V2 API Direct Access (Free Mode)

Supports both URL and local file (base64) upload. The request body is organized into four blocks: Document, Processing, Output, and Notification.

Submit Endpoint

POST {DOCMIND_V2_ENDPOINT}/skill/submit

Full request schema:

{
  "document": {
    "fileUrl": "https://example.com/doc.pdf",
    "fileBase64": "<base64-encoded file content, alternative to fileUrl>",
    "fileName": "doc.pdf",
    "fileNameExtension": "pdf"
  },
  "processing": {
    "enhancementMode": "VLM",
    "pageIndex": "1-5",
    "headFoot": false,
    "userPrompt": "Custom prompt",
    "option": "parsing-option"
  },
  "output": {
    "outputFormat": ["markdown"],
    "markdownTable": ["html"],
    "markdownImage": ["html"],
    "docExtraParameters": {"key": "value"},
    "extraParameters": "audio-video-extra-params",
    "ossConfig": {
      "bucket": "my-bucket",
      "endpoint": "oss-cn-hangzhou.aliyuncs.com",
      "accessKeyId": "...",
      "accessKeySecret": "...",
      "securityToken": "..."
    }
  },
  "notification": {
    "enableEventCallback": false
  }
}

document.fileUrl and document.fileBase64 are mutually exclusive. When parsing a local file via V2 mode, the script automatically reads and base64-encodes the file. fileNameExtension is auto-detected from the file extension when not explicitly provided.

Response:

{
  "success": true,
  "data": { "bizId": "docmind-20260519-xxxx" }
}

Query Endpoint

POST {DOCMIND_V2_ENDPOINT}/skill/query

{
  "bizId": "docmind-20260519-xxxx",
  "layoutStepSize": 100,
  "layoutNum": 0
}

Response (on success):

{
  "success": true,
  "data": {
    "status": "success",
    "processing": 100.0,
    "layouts": [ ... ]
  }
}

Rate limiting: max 5 tasks per second per IP, global limit 20.

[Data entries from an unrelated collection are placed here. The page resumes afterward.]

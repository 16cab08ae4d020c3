-- ===== src/Runtime/Exec.antt =====
-- A method with effects: what it did before an error stays done, so the world comes back beside
-- the error too. Transactions are pgx's: statements go to the transaction's own view, Commit
-- publishes it, and the deferred Rollback drops it.
use ecosystem_complete.Prelude.{
  Bool, true, false, Option, none, some, [], ◌∷◌, ◌++◌, ◌||◌, if◌then◌else◌,
}
use ecosystem_complete.Database.{Db}
use ecosystem_complete.Runtime.{Call, Env, World, Message}

-- A Go result with an error: a value, one of the package's sentinel errors, or an error that wraps
-- the failure of a call.
pub data Result (E A : Type 0) : Type 0 where
  ok : A → Result E A
  err : E → Result E A
  failed : Call → Result E A

abbrev pub is_ok : {E A : Type 0} → Result E A → Bool
is_ok (ok _) = true
is_ok _ = false

-- The error is not one of the package's, it wraps the failure of a call.
abbrev pub is_failed : {E A : Type 0} → Result E A → Bool
is_failed (failed _) = true
is_failed _ = false

abbrev pub Exec : Type 0 → Type 0 → Type 0
Exec E A = World → Result E A × World

module _ {E A : Type 0} where
  abbrev pub pure : A → Exec E A
  pure a w = (ok a, w)

  abbrev pub raise : E → Exec E A
  raise e w = (err e, w)

infixl 5 ◌>>=◌ ◌>>◌
abbrev pub ◌>>=◌ : {E A B : Type 0} → Exec E A → (A → Exec E B) → Exec E B
◌>>=◌ m f w =
    let (r, w') = m w in elim r [ ok a ↦ f a w' | err e ↦ (err e, w') | failed c ↦ (failed c, w') ]

abbrev pub ◌>>◌ : {E A B : Type 0} → Exec E A → Exec E B → Exec E B
m >> k = m >>= λ _. k

abbrev pub Action : Type 0 → Type 0
Action E = Exec E (Unit {0})

abbrev pub raise_if : {E : Type 0} → Bool → E → Action E
raise_if b e w = (if b then err e else ok tt, w)

abbrev pub or_raise : {E A : Type 0} → Option A → E → Exec E A
or_raise none e w = (err e, w)
or_raise (some a) e w = (ok a, w)

-- A query that the database refuses.
abbrev pub or_fail : {E A : Type 0} → Option A → Call → Exec E A
or_fail none c w = (failed c, w)
or_fail (some a) c w = (ok a, w)

module _ {E : Type 0} (env : Env) where
  -- A call that only computes or asks.
  abbrev pub attempt : {A : Type 0} → Call → A → Exec E A
  attempt c a w = (if env.fails c then failed c else ok a, w)

  -- Pool.QueryRow
  abbrev pub query : {A : Type 0} → Call → (Db → A) → Exec E A
  query c f w = (if env.fails c then failed c else ok (f w.db), w)

  -- Pool.Exec
  abbrev pub execute : Call → (Db → Db) → Action E
  execute c f w = elim (env.fails c) [
    | true ↦ (failed c, w)
    | false ↦ (ok tt, record w { db = f w.db })
  ]

  -- Pool.Exec of an INSERT that a unique index can refuse
  abbrev pub insert : Call → (Db → Bool) → (Db → Db) → Action E
  insert c taken f w = elim (env.fails c || taken w.db) [
    | true ↦ (failed c, w)
    | false ↦ (ok tt, record w { db = f w.db })
  ]

  -- Pool.Begin
  abbrev pub begin_tx : Call → Action E
  begin_tx c w = elim (env.fails c) [
    | true ↦ (failed c, w)
    | false ↦ (ok tt, record w { tx = some w.db })
  ]

  -- tx.QueryRow; a closed transaction answers with an error
  abbrev pub tx_query : {A : Type 0} → Call → (Db → A) → Exec E A
  tx_query c f w = elim w.tx [
    | none ↦ (failed c, w)
    | some t ↦ (if env.fails c then failed c else ok (f t), w)
  ]

  -- tx.Exec
  abbrev pub tx_execute : Call → (Db → Db) → Action E
  tx_execute c f w = elim w.tx [
    | none ↦ (failed c, w)
    | some t ↦ elim (env.fails c) [
      | true ↦ (failed c, w)
      | false ↦ (ok tt, record w { tx = some (f t) })
    ]
  ]

  -- tx.Exec of an INSERT that a unique index can refuse
  abbrev pub tx_insert : Call → (Db → Bool) → (Db → Db) → Action E
  tx_insert c taken f w = elim w.tx [
    | none ↦ (failed c, w)
    | some t ↦ elim (env.fails c || taken t) [
      | true ↦ (failed c, w)
      | false ↦ (ok tt, record w { tx = some (f t) })
    ]
  ]

  -- tx.Commit
  abbrev pub commit_tx : Call → Action E
  commit_tx c w = elim w.tx [
    | none ↦ (failed c, w)
    | some t ↦ elim (env.fails c) [
      | true ↦ (failed c, w)
      | false ↦ (ok tt, record w { db = t; tx = none })
    ]
  ]

  -- Publisher.Publish of the JSON of the message
  abbrev pub publish : Message → Action E
  publish m w = elim (env.fails Call.publish) [
    | true ↦ (failed Call.publish, w)
    | false ↦ (ok tt, record w { outbox = w.outbox ++ m ∷ [] })
  ]

-- defer func() { if !settled { _ = tx.Rollback(ctx) } }(): a settled transaction is closed, and a
-- rollback of it changes nothing.
abbrev pub with_rollback : {E A : Type 0} → Exec E A → Exec E A
with_rollback m w = let (r, w') = m w in (r, record w' { tx = none })

-- The error of a collaborator, in the error type of its caller.
abbrev pub lift : {D E A : Type 0} → (D → E) → Exec D A → Exec E A
lift f m w =
    let (r, w') = m w in
    elim r [ ok a ↦ (ok a, w') | err e ↦ (err (f e), w') | failed c ↦ (failed c, w') ]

Alibaba Cloud POP Invocation

Three-step async workflow using the default credential chain to initialize the client:

  1. Submit task - SubmitDocParserJob / SubmitDocParserJobAdvance
  2. Query status - QueryDocParserStatus (poll until success/fail)
  3. Get result - GetDocParserResult (incremental retrieval via LayoutNum + LayoutStepSize pagination)

POP endpoint: docmind-api.cn-hangzhou.aliyuncs.com, API version: 2022-07-11

from alibabacloud_credentials.client import Client as CredClient
from alibabacloud_tea_openapi import models as open_api_models
from alibabacloud_docmind_api20220711.client import Client as DocMindClient

cred = CredClient()
config = open_api_models.Config(
    credential=cred,
    endpoint="docmind-api.cn-hangzhou.aliyuncs.com",
    user_agent="AlibabaCloud-Agent-Skills/alibabacloud-docmind-parse/" + os.environ.get("SKILL_SESSION_ID", "unknown")
)
client = DocMindClient(config)

Quota

ModeFree QuotaAfter Exhaustion
V2 API DirectLimited daily quotaPrompt to activate Alibaba Cloud service
Alibaba Cloud POP3,000 pages/monthAutomatic pay-as-you-go

When quota is exhausted, prompt the user to visit https://docmind.console.aliyun.com/doc-overview to activate the service.


Error Handling

Error CodeMeaningResolution
QuotaExhausted / ThrottlingQuota exhausted or rate-limitedPrompt to activate Alibaba Cloud service
FileUrlLegalInvalid file URLVerify the URL is publicly accessible
InvalidFileFormatUnsupported file formatShow the list of supported formats
FileSizeExceededFile too largeV2 limit 5 MB, POP limit 150 MB
OssAccessDeniedError / HTTP 403URL points to a private or restricted OSS resourceSee pre-validation rules below

Pre-validation and Exception Handling

Before invoking the script, the Agent MUST perform the following checks:

  1. Local file path validation: If the input is a local file path, verify that the file exists and is readable before calling the script. If the file does not exist, stop immediately and ask the user to verify the path. The Agent must NEVER create, fabricate, or substitute a file to bypass a missing-file error.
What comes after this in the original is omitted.